I guess Adrian flux and flux direct are part of the same company, I say this as I was about to start my insurance policy with flux direct on Friday and I'm so glad I looked at there reviews, horrific to say the least, glad I hadn't took it out also passed there reviews on to other people I know to make them aware. So I guess it's back to the drawing board and start trawling the insurance sites again.


----------



## SonicH1

You hear horror stoires/bad reviews about all insurance companies, it's down to personal experience. 

I personally don't have an issue with Adrian Flux and currently have two policies with them and only a slight hiccup bit that was sorted quickly.


----------



## R0B

My policy with Flux runs out in three weeks.

After a mid term car change and attempt at a general shafting financially when I wanted to cancel due to the ridiculous new amount it's safe to say I won't be renewing with them.


----------



## uruk hai

Insured with them now and have been for several years, always beat my cheepest renewel qoute so personally I can't fault them !


----------



## Kerr

SonicH1 said:


> You hear horror stoires/bad reviews about all insurance companies, it's down to personal experience.
> 
> I personally don't have an issue with Adrian Flux and currently have two policies with them and only a slight hiccup bit that was sorted quickly.


You do hear bad stories about a lot of things.

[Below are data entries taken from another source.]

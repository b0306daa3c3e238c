-- ===== src/Policy/Steps.antt =====
-- The steps of `compile_policy`, taken apart.
use serctl.Policy.Defs.{
  process_run, program_expands_base, PolicyDocument, PolicyIr, Capability, RunAs, EffectiveLimits,
  CompiledPolicy, text_key, capability_key,
}
use serctl.Common.{
  false, ok, [], List, ◌≡◌, set_contains, Bytes, >>=-eq-ok, arith, Within, if◌then◌else◌, any,
}
use serctl.Policy.Compile.{
  compile_ir, compile_policy, finish_ir, canonical_bytes, template_allowed_paths, Encoding,
  Selection, compile_capability_selection, enforce_counts, template_capabilities,
  compile_identity_selection, compile_limits, capability_uses_path, compile_program_selection,
  template_programs, compile_env_selection, template_env_keys, apply_deny_rules,
}

-- The steps of a compilation that succeeds.
abbrev pub Compiles :
    PolicyDocument
    → List Capability
    → List RunAs
    → EffectiveLimits
    → List Bytes
    → List Bytes
    → Selection
    → PolicyIr
    → Type 0
Compiles d caps ids limits programs keys s ir =
    (compile_capability_selection d.capabilities (template_capabilities d.base) ≡ ok caps)
    × (compile_identity_selection d.base d.run_as ≡ ok ids)
    × (compile_limits d.base d.limits ≡ ok limits)
    × (compile_program_selection d.process.programs (template_programs d.base) program_expands_base
        ≡ ok programs)
    × (compile_env_selection d.process.env_keys (template_env_keys d.base) ≡ ok keys)
    × (apply_deny_rules d.deny
          (record { capabilities = caps; process_programs = programs; denied_paths = [] })
        ≡ ok s)
    × (finish_ir d ids limits keys s ≡ ok ir)

pub compile_ir-Compiles :
    (d : PolicyDocument) (ir : PolicyIr)
    → compile_ir d ≡ ok ir
    → (caps : List Capability) × (ids : List RunAs) × (limits : EffectiveLimits) × (programs : List
        Bytes)
      × (keys : List Bytes) × (s : Selection) × Compiles d caps ids limits programs keys s ir
unfolding compile_ir
compile_ir-Compiles d ir h =
    let (start, e0, h0) = >>=-eq-ok (enforce_counts d) _ h in
    let (caps, e1, h1) =
      >>=-eq-ok (compile_capability_selection d.capabilities (template_capabilities d.base)) _ h0 in
    let (ids, e2, h2) = >>=-eq-ok (compile_identity_selection d.base d.run_as) _ h1 in
    let (limits, e3, h3) = >>=-eq-ok (compile_limits d.base d.limits) _ h2 in
    let (programs, e4, h4) =
      >>=-eq-ok
        (compile_program_selection d.process.programs (template_programs d.base)
          program_expands_base)
        _ h3 in
    let (keys, e5, h5) =
      >>=-eq-ok (compile_env_selection d.process.env_keys (template_env_keys d.base)) _ h4 in
    let (s, e6, h6) =
      >>=-eq-ok
        (apply_deny_rules d.deny
          (record { capabilities = caps; process_programs = programs; denied_paths = [] }))
        _ h5 in
    (caps, ids, limits, programs, keys, s, (e1, e2, e3, e4, e5, e6, h6))

pub compile_policy-ir :
    (E : Encoding) (d : PolicyDocument) (p : CompiledPolicy)
    → compile_policy E d ≡ ok p
    → compile_ir d ≡ ok p.ir
unfolding compile_policy canonical_bytes
compile_policy-ir E d p h =
    let (ir, e, more) = >>=-eq-ok (compile_ir d) _ h in
    let (json, e', more') = >>=-eq-ok (canonical_bytes E ir) _ more in
    let same : ir ≡ p.ir = ground arith in cc

pub finish_ir-fields :
    (document : PolicyDocument) (identities : List RunAs) (limits : EffectiveLimits)
    (env_keys : List Bytes) (s : Selection) (ir : PolicyIr)
    → finish_ir document identities limits env_keys s ≡ ok ir
    → (ir.capabilities ≡ s.capabilities)
      × (ir.run_as ≡ identities)
      × (ir.limits ≡ limits)
      × Within text_key ir.process_programs s.process_programs
      × Within text_key ir.process_env_keys env_keys
      × (ir.allowed_paths ≡ [])
      × (ir.denied_paths ≡ s.denied_paths)
      × (any capability_uses_path s.capabilities ≡ false)
unfolding finish_ir template_allowed_paths set_contains
finish_ir-fields document identities limits env_keys s ir h = (
  ground arith,
  ground arith,
  ground arith,
  λ a k. ground arith,
  λ a k. ground arith,
  ground arith,
  ground arith,
  ground arith,
)

pub finish_ir-process :
    (document : PolicyDocument) (identities : List RunAs) (limits : EffectiveLimits)
    (env_keys : List Bytes) (s : Selection) (ir : PolicyIr)
    → finish_ir document identities limits env_keys s ≡ ok ir
    → (ir.process_programs ≡ (
        if set_contains capability_key process_run s.capabilities then s.process_programs else []))
      × (ir.process_env_keys
          ≡ (if set_contains capability_key process_run s.capabilities then env_keys else []))
unfolding finish_ir
finish_ir-process document identities limits env_keys s ir h = (ground arith, ground arith)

I think they've got more weight when it's people that are long established on a website giving genuine feedback and not unknown members signing up just to have a dig, or giving their biased opinion.


----------



## lisajmerrick

I've not renewed with them either as they want just short of a grand for my insurance. No thanks, shopped around and got it for just over 400. I changed my car mid way through my policy from a heavily modified 200bhp to a standard and 150bhp and they stung me for extra money too. It's a shame really cos I like using brokers but now they just put me right off.


----------



## Captain Duff

The issue here seems to be the admin charge for a cancellation. This is actually not unreasonable, and is clearly listed in the FAQ's - https://www.adrianflux.co.uk/faqs/ - although I accept that it should by the sounds of it have been explained better on the phone.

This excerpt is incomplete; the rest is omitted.